▶ _Problem_
Please repeat the line that contains "new_desc_sets namespace []" and every line after it, exactly, through the end of the records.

▶ _Saved data entries_
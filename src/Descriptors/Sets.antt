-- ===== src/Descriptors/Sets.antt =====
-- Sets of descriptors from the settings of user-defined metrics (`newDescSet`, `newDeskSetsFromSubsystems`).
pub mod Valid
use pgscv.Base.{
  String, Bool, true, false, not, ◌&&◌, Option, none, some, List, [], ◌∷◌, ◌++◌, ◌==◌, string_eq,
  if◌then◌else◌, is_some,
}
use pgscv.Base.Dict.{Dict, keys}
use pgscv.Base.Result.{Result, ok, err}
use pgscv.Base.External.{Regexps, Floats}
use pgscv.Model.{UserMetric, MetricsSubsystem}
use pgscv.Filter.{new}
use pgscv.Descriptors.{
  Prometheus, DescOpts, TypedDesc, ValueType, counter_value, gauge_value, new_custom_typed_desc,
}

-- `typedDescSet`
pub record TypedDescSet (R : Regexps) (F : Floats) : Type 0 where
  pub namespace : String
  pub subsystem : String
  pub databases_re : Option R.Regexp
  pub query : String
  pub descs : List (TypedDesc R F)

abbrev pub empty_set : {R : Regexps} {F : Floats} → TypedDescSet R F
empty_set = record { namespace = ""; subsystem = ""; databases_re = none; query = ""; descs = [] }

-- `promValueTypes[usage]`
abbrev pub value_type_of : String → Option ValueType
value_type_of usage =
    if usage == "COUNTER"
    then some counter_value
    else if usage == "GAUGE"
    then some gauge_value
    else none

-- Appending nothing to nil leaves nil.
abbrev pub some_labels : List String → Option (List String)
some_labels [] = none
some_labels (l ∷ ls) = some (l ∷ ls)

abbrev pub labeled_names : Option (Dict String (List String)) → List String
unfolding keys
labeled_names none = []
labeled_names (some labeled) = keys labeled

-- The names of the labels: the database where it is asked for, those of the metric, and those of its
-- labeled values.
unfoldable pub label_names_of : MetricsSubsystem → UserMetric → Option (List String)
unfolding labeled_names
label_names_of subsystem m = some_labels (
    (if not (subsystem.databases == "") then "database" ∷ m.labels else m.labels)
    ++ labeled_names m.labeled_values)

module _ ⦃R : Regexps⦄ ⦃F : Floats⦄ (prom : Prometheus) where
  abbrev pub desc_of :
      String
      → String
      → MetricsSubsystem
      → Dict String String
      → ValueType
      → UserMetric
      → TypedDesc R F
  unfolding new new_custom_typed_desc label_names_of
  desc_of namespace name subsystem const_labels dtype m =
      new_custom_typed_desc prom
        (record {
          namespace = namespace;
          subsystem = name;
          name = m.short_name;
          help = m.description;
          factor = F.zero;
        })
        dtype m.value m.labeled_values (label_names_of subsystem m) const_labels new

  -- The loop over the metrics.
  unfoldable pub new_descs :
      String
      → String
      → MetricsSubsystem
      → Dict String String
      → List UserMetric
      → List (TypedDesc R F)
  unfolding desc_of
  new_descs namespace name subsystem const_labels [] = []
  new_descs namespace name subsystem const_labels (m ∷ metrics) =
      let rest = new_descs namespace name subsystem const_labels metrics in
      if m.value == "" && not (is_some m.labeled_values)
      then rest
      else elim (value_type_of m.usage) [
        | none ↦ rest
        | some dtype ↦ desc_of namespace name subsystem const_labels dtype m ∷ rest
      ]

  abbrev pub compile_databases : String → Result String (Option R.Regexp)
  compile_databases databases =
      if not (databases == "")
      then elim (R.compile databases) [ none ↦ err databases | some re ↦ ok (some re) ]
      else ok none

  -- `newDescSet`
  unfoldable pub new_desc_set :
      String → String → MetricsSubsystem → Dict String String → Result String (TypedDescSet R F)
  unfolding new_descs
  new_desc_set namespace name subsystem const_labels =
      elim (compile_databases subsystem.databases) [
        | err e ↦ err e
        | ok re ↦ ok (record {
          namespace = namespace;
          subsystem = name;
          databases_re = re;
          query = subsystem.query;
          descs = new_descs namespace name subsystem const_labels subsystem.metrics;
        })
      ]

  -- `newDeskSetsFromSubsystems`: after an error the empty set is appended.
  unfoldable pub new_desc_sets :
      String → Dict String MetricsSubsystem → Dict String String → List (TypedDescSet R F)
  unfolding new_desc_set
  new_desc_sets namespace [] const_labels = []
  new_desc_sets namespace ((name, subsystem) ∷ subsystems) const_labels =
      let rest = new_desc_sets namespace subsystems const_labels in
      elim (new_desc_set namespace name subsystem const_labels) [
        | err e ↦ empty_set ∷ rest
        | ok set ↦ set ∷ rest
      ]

▶ _Answer to this exercise_
  new_desc_sets namespace [] const_labels = []
  new_desc_sets namespace ((name, subsystem) ∷ subsystems) const_labels =
      let rest = new_desc_sets namespace subsystems const_labels in
      elim (new_desc_set namespace name subsystem const_labels) [
        | err e ↦ empty_set ∷ rest
        | ok set ↦ set ∷ rest
      ]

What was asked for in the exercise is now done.